● Your task
Which lines of the entries below run from the one holding "IsLeft pending n before (net', failed" to the one holding "pending n most r", inclusive? Set down exactly those lines and no others.

● Data under study
****

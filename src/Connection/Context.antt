-- ===== src/Connection/Context.antt =====
-- `rpc_context` of include/rest_rpc/rpc_connection.hpp: answers that a handler sends later.
use mathlib.Core.Option
use rest_rpc.Base.{
  ℕ, ◌≡◌, refl, ◌∙◌, sym, ap, true, false, ◌==◌, if◌then◌else◌, Bool-cases, ==→eq, inl, inr, Option,
  none, some,
}
use rest_rpc.Base.Map.{Map, find, update, find-update}
use rest_rpc.ErrorCode.{make_error_code, has_response, rpc_context_init_failed}
use rest_rpc.Protocol.{Host}
use rest_rpc.Router.{RpcResult}
use rest_rpc.Transport.{Transport}
use rest_rpc.Connection.{
  Session, RpcContext, rpc_context, context_response, context_answer, connection_of, response,
}
use rest_rpc.Connection.Answers.{called}

module _ (host : Host) (t : Transport) (App : Type 0) where
  -- The first answer of a context, on the connection that it holds.
  pub context_response_first :
      (o : Option ℕ) (id : ℕ) (packed : RpcResult) (s : Session host t App)
      (conns : Map (Session host t App))
      → o ≡ some id
      → find id conns ≡ some s
      → context_response host t App (record { conn = o; responded = false }) packed conns ≡ (
        update id (λ old. (response host t App packed 0 s).0) conns,
        record { conn = o; responded = true },
        (response host t App packed 0 s).1,
      )
  unfolding context_response connection_of context_answer
  context_response_first o id packed s conns e found =
      let c : RpcContext = record { conn = o; responded = false } in
      ap (λ p. context_answer host t App c packed conns (connection_of host t App p conns)) e
      ∙ ap (λ q. context_answer host t App c packed conns (Option.map (λ r. (id, r)) q)) found

  pub find-update_to :
      (id k : ℕ) (s s' : Session host t App) (conns : Map (Session host t App))
      → find id conns ≡ some s
      → find k (update id (λ old. s') conns) ≡ (if id == k then some s' else find k conns)
  find-update_to id k s s' conns found =
      find-update id k (λ old. s') conns ∙ elim (Bool-cases (id == k)) [
        | inl e ↦
            rw e (ap (Option.map (λ old. s')) (ap (λ j. find j conns) (sym (==→eq id k e)) ∙ found))
        | inr e ↦ rw e refl
      ]

  -- A context that is made in a handler holds the connection whose request the thread was serving, and
  -- answers through that one, once: wherever that connection is by then, the first answer is written on
  -- it as its loop would have written it, every other connection stays as it is, and the next answer
  -- is refused with `has_response` and changes nothing. The handler has left the thread's connection
  -- alone.
  pub context_response_once :
      (serving s now : Session host t App) (conns : Map (Session host t App)) (k : ℕ)
      (first second : RpcResult)
      → s.tls ≡ (called host t App serving).tls
      → find serving.connection.conn_id conns ≡ some now
      → let id = serving.connection.conn_id in
        let made = rpc_context host t App s in
        let one = context_response host t App made.1 first conns in
        (made.0.tls.delay ≡ true)
        × (find k one.0
            ≡ (if id == k then some (response host t App first 0 now).0 else find k conns))
        × (one.2 ≡ (response host t App first 0 now).1)
        × (context_response host t App one.1 second one.0
            ≡ (one.0, one.1, make_error_code has_response))
  unfolding rpc_context
  context_response_once serving s now conns k first second same found =
      let id = serving.connection.conn_id in
      let told =
        context_response_first s.tls.conn id first now conns (ap (λ l. l.conn) same) found in
      (
        refl,
        ap (λ r. find k r.0) told ∙ find-update_to id k now _ conns found,
        ap (λ r. r.2) told,
        ap (λ r. context_response host t App r.1 second r.0) told
            ∙ unfold context_response in
              sym (ap (λ r. (r.0, r.1, make_error_code has_response)) told),
      )

  -- A context made on a thread that serves no connection answers nothing.
  pub context_response_no_connection :
      (s : Session host t App) (conns : Map (Session host t App)) (packed : RpcResult)
      → s.tls.conn ≡ none
      → let made = rpc_context host t App s in
        context_response host t App made.1 packed conns
        ≡ (conns, made.1, make_error_code rpc_context_init_failed)
  unfolding rpc_context context_response connection_of context_answer
  context_response_no_connection s conns packed e =
      ap
        (λ p.
          context_answer host t App (rpc_context host t App s).1 packed conns
            (connection_of host t App p conns))
        e
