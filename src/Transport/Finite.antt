-- ===== src/Transport/Finite.antt =====
-- Networks over which a bounded number of bytes is still to come, for the loops of
-- include/rest_rpc/rpc_connection.hpp that read until an error.
use rest_rpc.Base.{
  ℕ, zero, suc, [], ◌∷◌, ◌+◌, ◌≤◌, arith, ltb, length, List, drop, Bool-cases, inl, inr,
}
use rest_rpc.Transport.{Transport, ReadResult, read, failed}
use rest_rpc.Transport.Pipe.{Pipe, pipe_transport, pipe_read, pipe_write, pipe_close}

-- What a read of so many bytes leaves, of so many that were still to come.
abbrev pub IsLeft : {N : Type 0} → (N → ℕ) → ℕ → ℕ → N × ReadResult → Type 0
IsLeft pending n before (net', read bytes) = pending net' + n ≤ before
IsLeft pending n before (net', failed ec) = pending net' ≤ before

pub IsLeft-trans :
    {N : Type 0} (pending : N → ℕ) (n before most : ℕ) (r : N × ReadResult)
    → IsLeft pending n before r
    → before ≤ most
    → IsLeft pending n most r
IsLeft-trans pending n before most (net', read bytes) h le = omega (arith, h)
IsLeft-trans pending n before most (net', failed ec) h le = omega (arith, h)

pub record Finite (t : Transport) : Type 0 where
  pub pending : t.Net → ℕ
  pub async_read_left : (n : ℕ) (w : t.Net) → IsLeft pending n (pending w) (t.async_read n w)
  pub async_write_left :
      (bytes : List ℕ) (w : t.Net) → pending (t.async_write bytes w).0 ≤ pending w
  pub close_socket_left : (w : t.Net) → pending (t.close_socket w) ≤ pending w

length-drop : (n : ℕ) (bytes : List ℕ) → n ≤ length bytes → length (drop n bytes) + n ≤ length bytes
length-drop zero bytes h = omega arith
length-drop (suc n) [] h = absurd (omega arith)
length-drop (suc n) (x ∷ bytes) h = omega (arith, length-drop n bytes)

pub pipe_read-IsLeft :
    (n : ℕ) (p : Pipe)
    → IsLeft (λ (q : Pipe). length q.incoming) n (length p.incoming) (pipe_read n p)
unfolding pipe_read
pipe_read-IsLeft n p = elim (Bool-cases (ltb (length p.incoming) n)) [
  | inl e ↦ rw e (omega arith)
  | inr e ↦ rw e (length-drop n p.incoming (ground arith))
]

pub pipe_write_left :
    (bytes : List ℕ) (p : Pipe) → length (pipe_write bytes p).0.incoming ≤ length p.incoming
unfolding pipe_write
pipe_write_left bytes p = ground arith

pub pipe_close_left : (p : Pipe) → length (pipe_close p).incoming ≤ length p.incoming
unfolding pipe_close
pipe_close_left p = omega arith

abbrev pub pipe_finite : Finite pipe_transport
pipe_finite = record {
  pending = λ p. length p.incoming;
  async_read_left = pipe_read-IsLeft;
  async_write_left = pipe_write_left;
  close_socket_left = pipe_close_left;
}
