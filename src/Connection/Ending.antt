-- ===== src/Connection/Ending.antt =====
-- The loop of `rpc_connection::start` in include/rest_rpc/rpc_connection.hpp ends with its input:
-- each pass that goes on has read a header.
use rest_rpc.Base.{
  ℕ, zero, suc, ◌+◌, ◌*◌, ◌≤◌, ◌<◌, ◌≡◌, ◌≢◌, refl, subst, sym, arith, Bool, true, ◌==◌, ltb,
  if◌then◌else◌, Bool-cases, Option-cases, if_elim, inl, inr,
}
use rest_rpc.ErrorCode.{ErrorCode, is_error}
use rest_rpc.Protocol.{
  Host, RestRpcHeader, header_of_bytes, rest_magic_num, header_size, parse_recieved,
}
use rest_rpc.Router.{Text, RpcResult, RpcRouter, route}
use rest_rpc.Transport.{Transport, ReadResult, read, failed}
use rest_rpc.Transport.Finite.{Finite, IsLeft, IsLeft-trans}
use rest_rpc.Connection.{
  Next, again, ended, escaped, Session, set_last_time, close, response, response_bytes, after_write,
  after_response, after_route, start_route, after_body, start_body, start_header, after_header,
  start_pass, start, resume,
}
use rest_rpc.Connection.Loop.{set_last_time-eq}

ended≢again : ended ≢ again
ended≢again e = ground arith

module _ (host : Host) (t : Transport) (App : Type 0) (finite : Finite t) where
  open t use {Net, async_read, async_write, max_size}
  open finite use {pending, async_read_left, async_write_left, close_socket_left}

  abbrev Here : Type 0
  Here = Session host t App

  -- At most so many bytes are still to come.
  abbrev pub Within : ℕ → Here → Type 0
  Within n s = pending s.net ≤ n

  set_last_time-Within : (n : ℕ) (s : Here) → Within n s → Within n (set_last_time host t App s)
  set_last_time-Within n s h = subst (λ w. pending w ≤ n) (sym (set_last_time-eq host t App s).0) h

  close-Within : (n : ℕ) (b : Bool) (s : Here) → Within n s → Within n (close host t App b s)
  unfolding close
  close-Within n b s h = ground (arith, close_socket_left s.net)

  after_write-Within :
      (n : ℕ) (s : Here) (w : Net × ErrorCode)
      → pending w.0 ≤ n
      → Within n (after_write host t App s w).0
  unfolding after_write
  after_write-Within n s (net', ec) h = elim (Bool-cases (is_error ec)) [
    | inl e ↦ rw e (close-Within n true (record s { net = net' }) h)
    | inr e ↦ rw e h
  ]

  response-Within :
      (n : ℕ) (result : RpcResult) (func_id : ℕ) (s : Here)
      → Within n s
      → Within n (response host t App result func_id s).0
  unfolding response
  response-Within n result func_id s h =
      let s' = set_last_time host t App s in
      let bytes = response_bytes host t App s'.connection.cross_ending result func_id in
      after_write-Within n s' (async_write bytes s'.net)
        (omega (arith, async_write_left bytes s'.net, set_last_time-Within n s h))

  -- The router's functions leave the bytes that are still to come to the loop.
  abbrev pub KeepsWithin : RpcRouter Here → Type 0
  KeepsWithin router =
      (n key : ℕ) (body : Text) (s : Here) → Within n s → Within n (route router key body s).0

  module _ (router : RpcRouter Here) (keeps : KeepsWithin router) where
    after_route-Within :
        (n : ℕ) (r : Here × RpcResult) → Within n r.0 → Within n (after_route host t App r).0
    unfolding after_route after_response
    after_route-Within n (s, result) h =
        if_elim (λ (r : Here × Next). Within n r.0) s.tls.delay _ _ h
          (response-Within n result 0 s h)

    start_route-Within :
        (n : ℕ) (header : RestRpcHeader) (s : Here)
        → Within n s
        → Within n (start_route host t App router header s).0
    unfolding start_route
    start_route-Within n header s h =
        after_route-Within n _ (keeps n header.function_id s.connection.body _ h)

    after_body-Within :
        (n k : ℕ) (header : RestRpcHeader) (s : Here) (r : Net × ReadResult)
        → IsLeft pending k n r
        → Within n (after_body host t App router header s r).0
    unfolding after_body
    after_body-Within n k header s (net', failed ec) h = close-Within n true _ h
    after_body-Within n k header s (net', read bytes) h =
        start_route-Within n header _ (omega (arith, h))

    start_body-Within :
        (n : ℕ) (header : RestRpcHeader) (s : Here)
        → Within n s
        → Within n (start_body host t App router header s).0
    unfolding start_body
    start_body-Within n header s h =
        if_elim (λ (r : Here × Next). Within n r.0) (ltb max_size header.body_len) _ _ h
          (if_elim (λ (r : Here × Next). Within n r.0) (header.body_len == 0) _ _
            (start_route-Within n header _ h)
            (after_body-Within n header.body_len header (set_last_time host t App s) _ (
              IsLeft-trans pending header.body_len _ n
                (async_read header.body_len (set_last_time host t App s).net)
                (async_read_left header.body_len _) (set_last_time-Within n s h))))

    start_header-Within :
        (n : ℕ) (header : RestRpcHeader) (s : Here)
        → Within n s
        → Within n (start_header host t App router header s).0
    unfolding start_header
    start_header-Within n received s h =
        let header = if s.connection.cross_ending then parse_recieved host received else received in
        if_elim (λ (r : Here × Next). Within n r.0) (header.magic == rest_magic_num) _ _
          (if_elim (λ (r : Here × Next). Within n r.0) (header.msg_type == 1) _ _ h
            (start_body-Within n header s h))
          h

    after_header_left :
        (n k : ℕ) (s : Here) (r : Net × ReadResult)
        → IsLeft pending k n r
        → (after_header host t App router s r).1 ≡ again
        → pending (after_header host t App router s r).0.net + k ≤ n
    unfolding after_header
    after_header_left n k s (net', failed ec) h e = absurd (ended≢again e)
    after_header_left n k s (net', read bytes) h e =
        elim (Option-cases (header_of_bytes host.endian bytes)) [
          | inl p ↦ rw (p, after_header) h
          | inr (header, p) ↦
              rw (p, after_header)
                (omega (
                  arith,
                  h,
                  start_header-Within (pending net') header (record s { net = net' }) (omega arith),
                ))
        ]

    -- A pass that goes on has read a header.
    start_pass_left :
        (s : Here)
        → (start_pass host t App router s).1 ≡ again
        → pending (start_pass host t App router s).0.net + header_size ≤ pending s.net
    unfolding start_pass
    start_pass_left s e =
        let s' = set_last_time host t App s in
        after_header_left (pending s.net) header_size s' (async_read header_size s'.net)
          (IsLeft-trans pending header_size _ (pending s.net) (async_read header_size s'.net)
            (async_read_left header_size s'.net)
            (set_last_time-Within (pending s.net) s (omega arith)))
          e

    resume-ends :
        (loop more : Here → Here × Next) (r : Here × Next)
        → ((r.1 ≡ again) → ((loop r.0).1 ≢ again) × (more r.0 ≡ loop r.0))
        → ((resume host t App loop r).1 ≢ again)
          × (resume host t App more r ≡ resume host t App loop r)
    unfolding resume
    resume-ends loop more (s, again) h = h refl
    resume-ends loop more (s, ended) h = (ended≢again, refl)
    resume-ends loop more (s, escaped) h = (λ e. ground arith, refl)

    -- The loop ends, by the end of the input at the latest: as many passes as there are headers
    -- in what is still to come, and one more, lead to its end, and more passes to the same end.
    pub start_terminates :
        (passes more : ℕ) (s : Here)
        → pending s.net < header_size * passes
        → passes ≤ more
        → ((start host t App passes router s).1 ≢ again)
          × (start host t App more router s ≡ start host t App passes router s)
    unfolding start
    start_terminates zero more s h le = absurd (omega arith)
    start_terminates (suc passes) zero s h le = absurd (omega arith)
    start_terminates (suc passes) (suc more) s h le =
        resume-ends (start host t App passes router) (start host t App more router)
          (start_pass host t App router s)
          (λ e.
            start_terminates passes more (start_pass host t App router s).0
              (omega (arith, start_pass_left s e)) (omega arith))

****

● Task output
IsLeft pending n before (net', failed ec) = pending net' ≤ before

pub IsLeft-trans :
    {N : Type 0} (pending : N → ℕ) (n before most : ℕ) (r : N × ReadResult)
    → IsLeft pending n before r
    → before ≤ most
    → IsLeft pending n most r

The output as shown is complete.